Ask HN: I'm a Swift dev. Should I learn Obj-C if I want to get an iOS job? - chicobermuda
I&#x27;ve been coding in Swift for one year, with some comprehensive apps, including one published on the App Store. I want to get an iOS developer job, but opportunities in Swift are still fairly limited.<p>Should I take a few months to learn Objective-C and publish an app to the Store? Or should I stick with Swift and try to master it?
======
theaccordance
Odds are that while you'll write software in swift, you'll probably encounter
other people's code written in Obj-C. This could come either from inherited
code (ex:project you took over) or open-source components you may use. It's
best to have some familiarity with Obj-C, that way you can at least navigate
and understand the logic.

------
drakenot
I've been an iOS developer for a little over 4 years now. I think you should
invest _some_ time on learning Objective-C. If you are looking to join an
existing company there is a very high probability that they will have existing
apps, some perhaps with very large codebases, written in Objective-C.

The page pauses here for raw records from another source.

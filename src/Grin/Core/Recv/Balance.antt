-- ===== src/Grin/Core/Recv/Balance.antt =====
-- The transaction after recv_coins balances too (src/grin/grin_core.rs).
use mw_btc_swap.Prelude.{
  ℕ, ◌+◌, ◌<◌, ◌≤◌, ◌≡◌, ◌∙◌, refl, sym, ap, some, List, ok, unwrap_option, Profile, u64_mod,
}
use mw_btc_swap.Prelude.Results.{>>=-returns, ok_injective, some_of}
use mw_btc_swap.Prelude.Actions.{>>=-ok, lift->>=-ok, need->>=-ok}
use mw_btc_swap.Bitcoin.Crate.{BitcoinLib}
use mw_btc_swap.Grin.Types.{MwCoin}
use mw_btc_swap.Grin.Crate.{GrinTypes, GrinCrate, Output, Slate}
use mw_btc_swap.Grin.Routines.{GrinCore, new_coin}
use mw_btc_swap.Grin.Core.{SpendCoinsResult, RecvCoinsResult, tx_or_empty, verify_outputs}
use mw_btc_swap.Grin.Core.Spend.{spend_coins}
use mw_btc_swap.Grin.Core.Spend.Inputs.{total}
use mw_btc_swap.Grin.Core.Spend.Accepts.{fee_of, spend_coins-Spent, blank_of}
use mw_btc_swap.Grin.Core.Spend.Balance.{AllOpen, Balances, Spent-Balances}
use mw_btc_swap.Grin.Core.Recv.{Received, RecvKeys, draw_keys, build, receive_output, recv_coins}
use mw_btc_swap.Grin.Pedersen.{Points, Pedersen, Bookkeeping, shuffle, inputs_of, outputs_of}

module _ {lib : BitcoinLib} {t : GrinTypes} {g : GrinCrate lib t} {pts : Points}
    (ped : Pedersen g pts) (book : Bookkeeping ped) where
  open pts use {Point, plus, plus_assoc, plus_comm}
  open ped use {point, value, secret, blind}

  -- The received slate: it owes the fund less, and this party's key is added to the keys.
  build-Balances :
      (keys : RecvKeys g) (chain : t.Keychain) (slate : Slate t) (tx : t.Transaction)
      (fund_value fee : ℕ) (before : Point) {r : Received t}
      → slate.tx ≡ some tx
      → Balances ped tx (fund_value + fee) before
      → build g keys chain slate fund_value ≡ ok r
      → (tx' : t.Transaction) × (r.slate.tx ≡ some tx')
        × Balances ped tx' fee (plus before (secret r.out_coin_key))
        × (point r.commitment ≡ plus (value fund_value) (secret r.out_coin_key))
  unfolding build
  build-Balances keys chain slate tx fund_value fee before {r} is_tx balanced run =
      let (c, e1, run1) =
        >>=-returns (unwrap_option (g.commit fund_value keys.out_coin_key)) _ run in
      let (updated, e2, run2) = >>=-returns (unwrap_option _) _ run1 in
      let (filled, e3, run3) = >>=-returns (unwrap_option _) _ run2 in
      let opened = ped.commit_lem fund_value keys.out_coin_key c (some_of _ e1) in
      let out : Output t = record {
        commit = c;
        proof = g.bullet_proof fund_value keys.out_coin_key keys.rew_nonce keys.prf_nonce;
      } in
      let (tx', is_tx', ins, outs) =
        book.tx-update_kernel _ updated (g.with_output out (tx_or_empty g slate.tx)) (some_of _ e2)
          refl in
      let same_tx = ap (tx_or_empty g) is_tx in
      let key = secret keys.out_coin_key in
      let same = ok_injective {b = r} run3 in
      rw (← same) (
        tx',
        book.tx-fill_round_1 _ _ _ _ (some_of _ e3) ∙ is_tx',
        ap (λ x. plus x (value fee))
              (outs
                ∙ book.outputs-with_output out (tx_or_empty g slate.tx)
                ∙ ap (λ x. plus (point c) (outputs_of ped x)) same_tx
                ∙ ap (λ x. plus x (outputs_of ped tx)) (opened ∙ plus_comm (value fund_value) key))
            ∙ shuffle pts key (value fund_value) (outputs_of ped tx) (value fee)
            ∙ ap (λ x. plus key (plus (outputs_of ped tx) x))
                (plus_comm (value fee) (value fund_value) ∙ sym (ped.value_add fund_value fee))
            ∙ ap (plus key) balanced
            ∙ plus_comm key (plus (inputs_of ped tx) before)
            ∙ plus_assoc (inputs_of ped tx) before key
            ∙ ap (λ x. plus x (plus before key))
                (ap (inputs_of ped) (sym same_tx)
                  ∙ sym (book.inputs-with_output out (tx_or_empty g slate.tx))
                  ∙ sym ins),
        opened,
      )

  receive_output-Balances :
      (slate : Slate t) (tx : t.Transaction) (fund_value fee : ℕ) (before : Point) (s : GrinCore t)
      {s' : GrinCore t} {r : Received t}
      → slate.tx ≡ some tx
      → Balances ped tx (fund_value + fee) before
      → receive_output g slate fund_value s ≡ (ok r, s')
      → (tx' : t.Transaction) × (r.slate.tx ≡ some tx')
        × Balances ped tx' fee (plus before (secret r.out_coin_key))
        × (point r.commitment ≡ plus (value fund_value) (secret r.out_coin_key))
  unfolding receive_output
  receive_output-Balances slate tx fund_value fee before s is_tx balanced run =
      let (checked, e1, run1) =
        lift->>=-ok (verify_outputs g (g.tx_outputs (tx_or_empty g slate.tx))) _ {s = s} run in
      let (keys, s1, e2, run2) = >>=-ok (draw_keys g) _ {s = s} run1 in
      build-Balances keys s1.chain slate tx fund_value fee before is_tx balanced
        (ap (λ x. x.0) run2)

  -- Where spend_coins succeeds on coins whose commitments open to their values and keys, worth at
  -- least the fund value and the fee, with all sums below 2^64, and recv_coins succeeds on its
  -- slate: the outputs and the fee are the inputs and the key that the two parties sign with (the
  -- sender's key, the offset and the receiver's output key), and the receiver's coin is a
  -- commitment to the fund value under that output key. The commitments are those of Pedersen, and
  -- the crates put into a transaction what they are told to.
  pub recv_coins-Balances :
      (p : Profile) (inputs : List MwCoin) (fund_value timelock n participants : ℕ)
      (s1 : GrinCore t) {s1' : GrinCore t} {r : SpendCoinsResult t} (s2 : GrinCore t)
      {s2' : GrinCore t} {r' : RecvCoinsResult t}
      → total inputs < u64_mod
      → fund_value + fee_of g inputs n < u64_mod
      → AllOpen ped inputs
      → fund_value + fee_of g inputs n ≤ total inputs
      → spend_coins g p inputs fund_value timelock n participants s1 ≡ (ok r, s1')
      → recv_coins g r.slate fund_value s2 ≡ (ok r', s2')
      → (tx : t.Transaction) × (c : t.Commitment) × (k : t.SecretKey) × (r'.slate.tx ≡ some tx)
        × Balances ped tx
            (fee_of g inputs n)
            (plus (plus (secret r.sig_key) (blind r.slate.offset)) (secret k))
        × (r'.output_coin ≡ new_coin g c k fund_value)
        × (point c ≡ plus (value fund_value) (secret k))
  unfolding recv_coins
  recv_coins-Balances p inputs fund_value timelock n participants s1 {r = r} s2 in_range
        sum_in_range opened enough spends receives =
      let (nonempty, positive, distinct, covers, (keys, spent)) =
        spend_coins-Spent g p inputs fund_value timelock n participants s1 in_range sum_in_range
          spends in
      let (tx, is_tx, balanced) =
        Spent-Balances ped book keys inputs fund_value (fee_of g inputs n)
          (blank_of g timelock participants) opened enough spent in
      let (q, s3, e1, run1) = >>=-ok (receive_output g r.slate fund_value) _ {s = s2} receives in
      let (tx', is_tx', balanced', opens) =
        receive_output-Balances r.slate tx fund_value (fee_of g inputs n) _ s2 is_tx balanced e1 in
      let (signed, e2, run2) =
        need->>=-ok (g.fill_round_2 s3.chain q.out_coin_key q.sig_nonce q.slate) _ {s = s3} run1 in
      let same = ok_injective (ap (λ x. x.0) run2) in
      (
        tx',
        q.commitment,
        q.out_coin_key,
        ap (λ x. x.slate.tx) (sym same) ∙ book.tx-fill_round_2 _ _ _ _ _ e2 ∙ is_tx',
        balanced',
        ap (λ x. x.output_coin) (sym same),
        opens,
      )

As a professional iOS developer you will be expected to be able to make
modifications to these Objective-C apps. Even if the app is in "maintenance
mode" you'll still probably have to be able to fix bugs in the old code base.

Even for Objective-C apps that are actively being ported to Swift, you'll need
to know Objective-C to handle the interop between the two languages as you
slowly rewrite a large code base.

I'd be willing to hire a junior iOS developer who only knew Swift with the
expectation that they learn Objective-C on the job. But it would be major
bonus points in the interview if they already had some proficiency with
Objective-C.

------
adomanico
There is still a ton of objc code in production so it's still very important
to be able to work with it. That being said Swift is definitely what you
should focus on.

Above that, work towards mastering Foundation, UIKit and the other core iOS
frameworks.

------
_RPM
How hard could it be to learn a different language? Good engineers can write
in any language.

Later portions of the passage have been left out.